We have decided to protest outside their new headquarters during the AGM rather than the conference at the Barbican as it is not conducive to protests www.rcpsych.ac.uk/.../internationalcongress2014.aspx

Dr. Peter Gotzsche has created a controversy and sparked criticism over what he sees as a damaging over-prescription of drugs by psychiatrists.

Gotzsche recently compiled a list of ten common myths held not only by the general public, but also trained psychiatrists concerning the safety of psychotropic drugs, and the rationale for their use.

As an internist, Gotzsche remarked that since he was outside of the political orthodoxy of the world of psychiatric medicine, he was free to express what he believed to be the sentiments of many psychiatrists who must remain quiet in their objections for fear of hurting their careers.

1. Mental diseases are caused by a chemical imbalance in the brain
"We have no idea about which interplay of psychosocial conditions, biochemical processes, receptors and neural pathways that lead to mental disorders and the theories that patients with depression lack serotonin and that patients with schizophrenia have too much dopamine have long been refuted."

2. It's easy to go off antidepressants any time you want to
Here, Gotzsche points to drug trails involving agoraphobics and people suffering from panic disorder, whom were not depressed. Fifty percent of the patients found it difficult to come off antidepressants even though they were gradually reducing their doses.
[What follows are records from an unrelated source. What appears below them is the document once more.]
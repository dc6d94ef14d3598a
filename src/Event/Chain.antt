-- ===== src/Event/Chain.antt =====
-- src/event.rs: what `verify` checks, that `append` keeps it, and that it detects changes.
use asteria.Base.{
  ℕ, suc, ◌-◌, ◌<◌, ◌≡◌, ◌↔◌, refl, sym, ap, ap₂, All, All-map, ◌∙◌, true, Bool-cases, inl, inr,
  List, [], ◌∷◌, ◌++◌, Option, some, none, ltb, length, arith, Bytes, bytes_eq, bytes_eq_refl,
  bytes_eq→eq,
}
use asteria.Event.{
  Event, EventLog, EventKind, EventCodec, max_retained_events, prune_events, last_event,
  hash_or_none, append, seal, verify_from, verify_events, verify,
}

module _ {D Time : Type 0} (codec : EventCodec D Time) where
  -- The events continue a chain: each names the hash before it, has a later sequence, and is sealed.
  abbrev pub Linked : Bytes → ℕ → List (Event D Time) → Type 0
  Linked previous_hash previous_sequence [] = Unit
  Linked previous_hash previous_sequence (e ∷ events) =
      (e.previous_hash ≡ previous_hash)
      × (previous_sequence < e.sequence)
      × (e.hash ≡ seal codec e.sequence e.timestamp e.previous_hash e.kind)
      × Linked e.hash e.sequence events

  -- The tests of one round of the loop.
  verifies :
      (e : Event D Time) (events : List (Event D Time)) (h : Bytes) (s : ℕ)
      → bytes_eq e.previous_hash h ≡ true
      → s < e.sequence
      → bytes_eq e.hash (seal codec e.sequence e.timestamp e.previous_hash e.kind) ≡ true
      → verify_from codec e.hash e.sequence events ≡ true
      → verify_from codec h s (e ∷ events) ≡ true
  unfolding verify_from
  verifies e events h s p q r later = ground arith

  pub verify_from_iff :
      (h : Bytes) (s : ℕ) (events : List (Event D Time))
      → (verify_from codec h s events ≡ true) ↔ Linked h s events
  unfolding verify_from
  verify_from_iff h s [] = ((λ _. tt), λ _. refl)
  verify_from_iff h s (e ∷ events) =
      let digest = seal codec e.sequence e.timestamp e.previous_hash e.kind in
      let ih = verify_from_iff e.hash e.sequence events in
      (
        (λ good. (
          bytes_eq→eq e.previous_hash h (ground arith),
          ground arith,
          bytes_eq→eq e.hash digest (ground arith),
          ih.0 (ground arith),
        )),
        (λ l.
            let anchored : bytes_eq e.previous_hash h ≡ true =
              ap (λ p. bytes_eq p h) l.0 ∙ bytes_eq_refl h in
            let is_sealed : bytes_eq e.hash digest ≡ true =
              ap (λ x. bytes_eq x digest) l.2 ∙ bytes_eq_refl digest in
            verifies e events h s anchored l.1 is_sealed (ih.1 l.3)),
      )

  -- A window is anchored by its first event.
  abbrev pub Anchored : List (Event D Time) → Type 0
  Anchored [] = Unit
  Anchored (e ∷ events) = Linked e.previous_hash (e.sequence - 1) (e ∷ events)

  pub verify_iff : (self : EventLog D Time) → (verify codec self ≡ true) ↔ Anchored self.events
  unfolding verify
  verify_iff self = by_events self.events
    where
      by_events :
          (events : List (Event D Time)) → (verify_events codec events ≡ true) ↔ Anchored events
      by_events [] = ((λ _. tt), λ _. refl)
      by_events (e ∷ events) = verify_from_iff e.previous_hash (e.sequence - 1) (e ∷ events)

  Linked-Anchored :
      (h : Bytes) (s : ℕ) (events : List (Event D Time)) → Linked h s events → Anchored events
  Linked-Anchored h s [] l = tt
  Linked-Anchored h s (e ∷ events) l = (refl, omega arith, l.2, l.3)

  Anchored-prune_events :
      (events : List (Event D Time)) → Anchored events → Anchored (prune_events events)
  unfolding prune_events
  Anchored-prune_events [] a = tt
  Anchored-prune_events (e ∷ events) a =
      elim (Bool-cases (ltb max_retained_events (suc (length events)))) [
        | inl more ↦
            rw more (Anchored-prune_events events (Linked-Anchored e.hash e.sequence events a.3))
        | inr fits ↦ rw fits a
      ]

  -- The event comes after all events of the log; the first has a positive sequence.
  abbrev pub Later : ℕ → Option (Event D Time) → Type 0
  Later sequence none = 0 < sequence
  Later sequence (some e) = e.sequence < sequence

  sealed : ℕ → Time → Bytes → EventKind D → Event D Time
  sealed sequence timestamp previous_hash kind = record {
    sequence = sequence;
    timestamp = timestamp;
    previous_hash = previous_hash;
    hash = seal codec sequence timestamp previous_hash kind;
    kind = kind;
  }

  -- The hash and the sequence at the end of a chain.
  abbrev hash_after : Bytes → List (Event D Time) → Bytes
  hash_after h [] = h
  hash_after h (e ∷ events) = hash_after e.hash events

  abbrev sequence_after : ℕ → List (Event D Time) → ℕ
  sequence_after s [] = s
  sequence_after s (e ∷ events) = sequence_after e.sequence events

  Linked-append :
      (h : Bytes) (s : ℕ) (events : List (Event D Time)) (e : Event D Time)
      → Linked h s events
      → Linked (hash_after h events) (sequence_after s events) (e ∷ [])
      → Linked h s (events ++ e ∷ [])
  Linked-append h s [] e l k = k
  Linked-append h s (f ∷ events) e l k =
      (l.0, l.1, l.2, Linked-append f.hash f.sequence events e l.3 k)

  hash_after_last :
      (e : Event D Time) (events : List (Event D Time))
      → (hash_or_none (last_event (e ∷ events)) ≡ hash_after e.hash events)
        × ((n : ℕ) → Later n (last_event (e ∷ events)) → sequence_after e.sequence events < n)
  unfolding last_event
  hash_after_last e [] = (refl, λ n h. h)
  hash_after_last e (f ∷ events) = hash_after_last f events

  -- A log that verifies still verifies after an event with a later sequence is appended, also where
  -- the oldest event is dropped for it.
  pub verify-append :
      (self : EventLog D Time) (sequence : ℕ) (timestamp : Time) (kind : EventKind D)
      → verify codec self ≡ true
      → Later sequence (last_event self.events)
      → verify codec (append codec self sequence timestamp kind).0 ≡ true
  unfolding append sealed
  verify-append self sequence timestamp kind good later =
      (verify_iff (append codec self sequence timestamp kind).0).1 (
        Anchored-prune_events (self.events ++ new ∷ [])
          (grown self.events ((verify_iff self).0 good) later))
    where
      new : Event D Time
      new = sealed sequence timestamp (hash_or_none (last_event self.events)) kind

      grown :
          (events : List (Event D Time))
          → Anchored events
          → Later sequence (last_event events)
          → Anchored
              (events ++ sealed sequence timestamp (hash_or_none (last_event events)) kind ∷ [])
      grown [] a l = (refl, omega arith, refl, tt)
      grown (e ∷ events) a l =
          let (hash_is, seq_is) = hash_after_last e events in
          Linked-append e.previous_hash (e.sequence - 1) (e ∷ events) _ a
            (hash_is, seq_is sequence l, refl, tt)

  -- The seals of the two events do not collide: equal seals are of equal values.
  abbrev pub NoCollision : Event D Time → Event D Time → Type 0
  NoCollision e f =
      seal codec e.sequence e.timestamp e.previous_hash e.kind
        ≡ seal codec f.sequence f.timestamp f.previous_hash f.kind
      → (e.sequence ≡ f.sequence)
        × (e.timestamp ≡ f.timestamp)
        × (e.previous_hash ≡ f.previous_hash)
        × (e.kind ≡ f.kind)

  same_event :
      (e f : Event D Time)
      → NoCollision e f
      → e.hash ≡ seal codec e.sequence e.timestamp e.previous_hash e.kind
      → f.hash ≡ seal codec f.sequence f.timestamp f.previous_hash f.kind
      → e.hash ≡ f.hash
      → e ≡ f
  same_event e f free p q h =
      let (s, t, v, k) = free (sym p ∙ (h ∙ q)) in
      λ i. record { sequence = s i; timestamp = t i; previous_hash = v i; hash = h i; kind = k i }

  first_or : Event D Time → List (Event D Time) → Event D Time
  first_or d [] = d
  first_or d (e ∷ events) = e

  Linked-unique :
      (h h' : Bytes) (s s' : ℕ) (e f : Event D Time) (es fs : List (Event D Time))
      → All (λ x. All (NoCollision x) (f ∷ fs)) (e ∷ es)
      → length es ≡ length fs
      → Linked h s (e ∷ es)
      → Linked h' s' (f ∷ fs)
      → hash_after e.hash es ≡ hash_after f.hash fs
      → e ∷ es ≡ f ∷ fs
  unfolding first_or
  Linked-unique h h' s s' e f [] [] free n l k same =
      ap (λ x. x ∷ []) (same_event e f free.0.0 l.2 k.2 same)
  Linked-unique h h' s s' e f [] (g ∷ fs) free n l k same = absurd (omega (arith, n))
  Linked-unique h h' s s' e f (g ∷ es) [] free n l k same = absurd (omega (arith, n))
  Linked-unique h h' s s' e f (e' ∷ es) (f' ∷ fs) free n l k same =
      let later =
        Linked-unique e.hash f.hash e.sequence f.sequence e' f' es fs
          (All-map (λ x c. c.1) (e' ∷ es) free.1) (omega (arith, n)) l.3 k.3 same in
      let heads : e'.previous_hash ≡ f'.previous_hash =
        ap (λ x. (first_or e x).previous_hash) later in
      ap₂ ◌∷◌ (same_event e f free.0.0 l.2 k.2 (sym l.3.0 ∙ (heads ∙ k.3.0))) later

  -- Two logs that verify, of the same length and with the same last hash, are the same log, unless
  -- the seals of two of their events collide: a change of any retained event shows in the last hash.
  pub verify_unique :
      (self other : EventLog D Time)
      → All (λ e. All (NoCollision e) other.events) self.events
      → verify codec self ≡ true
      → verify codec other ≡ true
      → length self.events ≡ length other.events
      → hash_or_none (last_event self.events) ≡ hash_or_none (last_event other.events)
      → self.events ≡ other.events
  verify_unique self other free good good' n same =
      by_events self.events other.events free ((verify_iff self).0 good)
        ((verify_iff other).0 good') n same
    where
      by_events :
          (es fs : List (Event D Time))
          → All (λ e. All (NoCollision e) fs) es
          → Anchored es
          → Anchored fs
          → length es ≡ length fs
          → hash_or_none (last_event es) ≡ hash_or_none (last_event fs)
          → es ≡ fs
      by_events [] [] free a b n same = refl
      by_events [] (f ∷ fs) free a b n same = absurd (omega (arith, n))
      by_events (e ∷ es) [] free a b n same = absurd (omega (arith, n))
      by_events (e ∷ es) (f ∷ fs) free a b n same =
          Linked-unique e.previous_hash f.previous_hash (e.sequence - 1) (f.sequence - 1) e f es fs
            free (omega (arith, n)) a b
            (sym (hash_after_last e es).0 ∙ (same ∙ (hash_after_last f fs).0))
It could not be that the patients saw their depression returning, as they were not depressed to begin with.

3. Psychotropic drugs are to mental illness as insulin is to diabetes
"When you give insulin to a patient with diabetes, you give something the patient lacks, namely insulin. Since we've never been able to demonstrate that a patient with a mental disorder lacks something that people who are not sick don't lack, it is wrong to use this analogy."

4. Psychotropic drugs reduce the number of chronically ill patients
"In 1987, just before the newer antidepressants (SSRIs or happy pills) came on the market, very few children in the United States were mentally disabled. Twenty years later it was over 500,000, which represents a 35-fold increase. The number of disabled mentally ill has exploded in all Western countries."

5. SSRIs don't cause suicide in children and adolescents
"The companies and the psychiatrists have consistently blamed the disease when patients commit suicide. It is true that depression increases the risk of suicide, but happy pills increase it even more, at least up to about age 40, according to a meta-analysis of 100,000 patients in randomized trials performed by the US Food and Drug Administration."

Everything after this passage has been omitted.